Otherwise I will probably open a PR later this week with the originalOpts
solution you proposed, and then see what happens from there.
Edit: nevermind, I found something.
In the startup
method on a connection, the isDriverSetting
is called, which returns true if the key is only meant for the driver, which will skip sending it to Postgres. The "sslcert" and "sslkey" keys are in here and return true.
The "sslinline" key however is not in there, and would by default return false, thus it gets sent to Posgres.
In that case, I think we could add the "sslinline" key there and make it return true, so it is not sent to Postgres.
That would then allow the delete
to be removed.
I don't care at all. If there's a PR that passes tests and ya'll think it's good I'll hit merge. That's pretty much what I do nowadays. Mention me in a PR when it's ready.
Oh, just straight up reverting the commit is also fine. I have no preference.
I opened a PR for this issue. With the fix, I was not able to reproduce the concurrent map writes anymore. As for the sslinline functionality, adding the sslinline option to the connection string does not cause the connection to drop. Maybe someone who uses the sslinline functionality can test whether that works as expected.
The CI tests show a failure, however in the details all tests succeed except for the goimports one. It seems however that that one fails for all PRs that have been opened lately, and only in the CI tests that use go:master. So I think the CI tests showing a failure has to do with something between go:master and the goimports tool, since the fix did not touch any imports and there are also no unused imports in the changed files.

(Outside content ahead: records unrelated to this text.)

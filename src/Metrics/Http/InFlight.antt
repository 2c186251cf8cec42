-- ===== src/Metrics/Http/InFlight.antt =====
-- The gauge of the requests in flight, over any interleaving of any number of requests.
use iveri_nest_sdk.Common.{ℕ, zero, suc, ◌+◌, ◌≡◌, Option, none, some, List, [], ◌∷◌, if◌then◌else◌}
use iveri_nest_sdk.Common.Text.{Text}
use iveri_nest_sdk.Metrics.Client.{Meters, IsMeters}
use iveri_nest_sdk.Metrics.Http.{
  MetricsService, Request, Tracked, Ending, begin_request, record_end,
}

-- What reaches the middleware: a request with the clock, or an end of the response of the tracked
-- request at a place in the list of those, the last to arrive first.
pub data Event : Type 0 where
  arrive : Request → (now : ℕ) → Event
  end_at : ℕ → Ending → Event

pub record Server (Gauge Counter Histogram : Type 0) : Type 0 where
  pub service : MetricsService Gauge Counter Histogram
  pub tracked : List Tracked

abbrev open_count : List Tracked → ℕ
open_count [] = 0
open_count (t ∷ ts) = if t.recorded then open_count ts else suc (open_count ts)

abbrev ended_count : List Tracked → ℕ
ended_count [] = 0
ended_count (t ∷ ts) = if t.recorded then suc (ended_count ts) else ended_count ts

-- `track` puts a request in front of the others, if it is tracked.
abbrev track : Option Tracked → List Tracked → List Tracked
track none ts = ts
track (some t) ts = t ∷ ts

module _ {Gauge Counter Histogram : Type 0} (m : Meters Gauge Counter Histogram) where
  unfoldable end_request :
      ℕ
      → Ending
      → List Tracked
      → MetricsService Gauge Counter Histogram
      → List Tracked × MetricsService Gauge Counter Histogram
  unfolding record_end
  end_request i ending [] s = ([], s)
  end_request zero ending (t ∷ ts) s =
      let ended = record_end m ending t s in (ended.0 ∷ ts, ended.1)
  end_request (suc i) ending (t ∷ ts) s =
      let rest = end_request i ending ts s in (t ∷ rest.0, rest.1)

  unfoldable pub step :
      List Text → Event → Server Gauge Counter Histogram → Server Gauge Counter Histogram
  unfolding end_request begin_request
  step ignored_routes (arrive request now) s =
      let begun = begin_request m ignored_routes request now s.service in
      record { service = begun.1; tracked = track begun.0 s.tracked }
  step ignored_routes (end_at i ending) s =
      let ended = end_request i ending s.tracked s.service in
      record { service = ended.1; tracked = ended.0 }

  unfoldable pub run :
      List Text → List Event → Server Gauge Counter Histogram → Server Gauge Counter Histogram
  unfolding step
  run ignored_routes [] s = s
  run ignored_routes (event ∷ events) s = run ignored_routes events (step ignored_routes event s)

  -- The gauge after `n` calls of `inc`.
  abbrev raised : ℕ → Gauge → Gauge
  raised zero g = g
  raised (suc n) g = m.inc (raised n g)

  -- The gauge stands one above `g` for each open request, and the counter has counted each ended one
  -- since `c`.
  abbrev pub IsAccounted : Gauge → Counter → Server Gauge Counter Histogram → Type 0
  IsAccounted g c s =
      (s.service.http_in_flight ≡ raised (open_count s.tracked) g)
      × (m.total s.service.http_requests ≡ m.total c + ended_count s.tracked)

  module _ (laws : IsMeters m) (g : Gauge) (c : Counter) where
    abbrev Stands : MetricsService Gauge Counter Histogram → ℕ → ℕ → Type 0
    Stands s opened ended =
        ((n : ℕ) → n ≡ opened → s.http_in_flight ≡ raised n g)
        × (m.total s.http_requests ≡ m.total c + ended)
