-- ===== src/Metrics/Http/Once.antt =====
-- A request is recorded once, at the first end of its response.
use iveri_nest_sdk.Common.{
  ℕ, ◌≡◌, refl, true, false, Option, none, some, List, [], ◌∷◌, Bool-cases, inl, inr, if◌then◌else◌,
}
use iveri_nest_sdk.Common.Text.{Text}
use iveri_nest_sdk.Exception.Route.{is_infrastructure_route}
use iveri_nest_sdk.Metrics.Client.{Meters, IsMeters}
use iveri_nest_sdk.Metrics.Http.{
  MetricsService, Request, Tracked, Ending, read_path, observation_of, observe_http_request,
  begin_request, record_end,
}

module _ {Gauge Counter Histogram : Type 0} (m : Meters Gauge Counter Histogram) where
  -- The events of one response, in their order.
  unfoldable end_all :
      List Ending
      → Option Tracked
      → MetricsService Gauge Counter Histogram
      → MetricsService Gauge Counter Histogram
  unfolding record_end
  end_all endings none s = s
  end_all [] (some tracked) s = s
  end_all (ending ∷ endings) (some tracked) s =
      let ended = record_end m ending tracked s in end_all endings (some ended.0) ended.1

  unfoldable serve :
      (ignored_routes : List Text) (request : Request) (now : ℕ)
      → List Ending
      → MetricsService Gauge Counter Histogram
      → MetricsService Gauge Counter Histogram
  unfolding end_all begin_request
  serve ignored_routes request now endings s =
      let begun = begin_request m ignored_routes request now s in end_all endings begun.0 begun.1

  end_all-recorded :
      (method : Text) (now : ℕ) (endings : List Ending) (s : MetricsService Gauge Counter Histogram)
      → end_all endings (some (record { method = method; started_at = now; recorded = true })) s ≡ s
  unfolding end_all
  end_all-recorded method now [] s = refl
  end_all-recorded method now (ending ∷ endings) s = end_all-recorded method now endings s

  -- Whatever ends a response, `finish`, `close` or both in any order and number: a request that is
  -- not ignored leaves the service as one observation leaves it, that of its first end, and the
  -- in-flight gauge as it was; a request that is ignored leaves the service as it was.
  serve-once :
      (laws : IsMeters m) (ignored_routes : List Text) (request : Request) (now : ℕ)
      (first : Ending) (later : List Ending) (s : MetricsService Gauge Counter Histogram)
      → serve ignored_routes request now (first ∷ later) s ≡ (
          if is_infrastructure_route (read_path request) ignored_routes
          then s
          else observe_http_request m
              (observation_of
                (record { method = request.method; started_at = now; recorded = false })
                first)
              s)
  unfolding serve
  serve-once laws ignored_routes request now first later s =
      elim (Bool-cases (is_infrastructure_route (read_path request) ignored_routes)) [
        | inl ignored ↦ rw ignored refl
        | inr counted ↦
            rw (counted, laws.dec-inc s.http_in_flight)
              (end_all-recorded request.method now later (
                observe_http_request m
                  (observation_of
                    (record { method = request.method; started_at = now; recorded = false }) first)
                  s))
      ]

I don't think that copying the values is necessary. Perhaps values
could be extended with two extra fields which would allow the delete
to happen much earlier and thereby avoiding the concurrent modification. That approach would also solve a suboptimal situation that is currently present in #1033.
I agree that copying the values
might not be an optimal solution because of the (slightly) increased memory usage for each new connection.
The reason I left the values
copy in the PR, even though the writes for sslinline are removed now, is because there seem to be more writes that could maybe happen concurrently such as the delete(o, "sslrootcert")
and also o["password"] = split[4]
in handlePgPass
which I felt I did not know enough about to remove. At the same time the copy also prevents potential future concurrency bugs where the map would be read/written when another connection writes to it.
I don't really know which two fields you would want add to the values
or what exactly you mean with performing the delete
earlier, since the delete(o, "sslinline")
is removed now. But if you know a way to prevent the concurrency issues while not requiring the copy, that would be nice. Maybe you can create a PR for that?
After upgrading from 1.9.0 to 1.10.0 we started seeing the following panic.
There have been issues about this which have been related to SSL options. Since 1.10 touched the SSL space it's possible there has been a regression.